Как же он им распоряжается? Хмурый как туча, он отправляется гулять по улицам. Оглядывает витрины, дивится: как они пестрят и всякой всячиной заставлены. Перед одной неожиданно останавливается и начинает изображать стоящий в ней манекен. Прохожие замедляют шаг, улыбаются, и Домель доволен, Домель рад, жмурится, как кот весной на солнышке, стреляет глазом вслед молоденьким девицам, женщинам с детскими колясками, вообще всем женщинам подряд. Но это, положим, вполне естественно. Ведь за баранкой, а Домель, как вы знаете, за ней уже сколько лет, во всех — будь то женщины, или мужчины — волей-неволей видишь только пешеходов. Так что, повторяю, ничего удивительного тут нет. И вы вот хоть и не мужчина, а прекрасно понимаете. Ну а дальше по пословице: чем дальше в лес, тем больше дров. Девушки валом валят, только что закончилась смена, все спешат: одни на своих велосипедах едут, другие пешком — к вокзалу, чтобы на электричку успеть, старшеклассницы оценивающе посматривают вокруг, кто во что одет, матери от магазина к магазину тащат за собой своих любимых чад — словом, людской водоворот, и Домель в нем. Вдруг откуда ни возьмись нечто вроде переходного мостика: дорогу там строители ремонтируют. Домеля увлекает поток, он преодолевает одну ступеньку, другую, все вверх и вверх, поднимает глаза и… видит женские ножки. Мужики у нас в таких случаях говорят: ну все, пиши сгорел парнишка, заведу-ут! Тут, понимаете, сама собой запятая обозначается в этой истории, потому что, честное слово, я даже не представляю, как вам, женщине, объяснить, как какая-нибудь пара женских ножек может подействовать на мужчину.
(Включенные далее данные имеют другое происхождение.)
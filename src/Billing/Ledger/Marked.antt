-- ===== src/Billing/Ledger/Marked.antt =====
-- The statement on the outbox in billing/repository/billing.go.
use microservices_go.Prelude.{ℕ, List, ◌≡◌, arith}
use microservices_go.Errors.{done, fail}
use microservices_go.Outbox
use microservices_go.Billing.Domain.{Database, Env}
use microservices_go.Billing.Repository

-- MarkEventsAsProcessedTx of the billing repository is the one of the outbox package, on the outbox
-- of the database.
pub mark_events_as_processed_tx-outbox :
    (env : Env) (event_ids : List ℕ) (db : Database)
    → Repository.mark_events_as_processed_tx env event_ids db
      ≡ elim (Outbox.mark_events_as_processed_tx env.update_fails env.now event_ids db.outbox) [
        | fail e ↦ fail e
        | done (t, n) ↦ done (record db { outbox = t }, n)
      ]
unfolding Repository.mark_events_as_processed_tx Outbox.mark_events_as_processed_tx
mark_events_as_processed_tx-outbox env event_ids db = ground arith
На такого, как Домель. Тридцать пять лет от роду. Жена-дети. Хорошая работа. Всегда разумник такой.
Но куда это подевался его ум да разум? Домель, ступенька за ступенькой, — за женщиной, за ноги взглядом уцепился — не отпускает. Так и потопал за ней, как на поводке: куда она, туда и он. Прошлись улицей, в магазины заглянули, наконец в обратный путь — через мостик к центру, а там — в автобус. Домель поднимается на площадку, блаженно вбирает в себя запах ее волос и забывает проезд оплатить. Остановка. Они выходят и вперед, вперед, до самой окраины, а там уж и рабочий квартал, в одном из домов которого женщина и исчезает. Домель устраивается на груде бетонных плит. Автобус его давно ушел, но он про него и думать забыл и даже не замечает, что надвигается вечер. Он упорно смотрит на дом, считает до двадцати трех, и в этот момент в одном из окон вспыхивает свет. Вы догадались, конечно, — совсем это неважно: у нее ли свет в окне или у кого еще. Домель думает, что у нее. Его уже как лихорадка трясет: в коленях дрожь и голова кружится. Слава богу, что он сидит, не то скрутило бы его здесь и бросило на песок, под деревья, меж сосен и елок. И пришла бы та самая минутка, а вы знаете, что это за минутка и к чему она ведет. И обстоятельства требуют иной постановки вопроса: сколько женщин, думает Домель, сколько красоты, сколько жизни вокруг, и отчего же изо всего этого мира — один-разъединый выбор?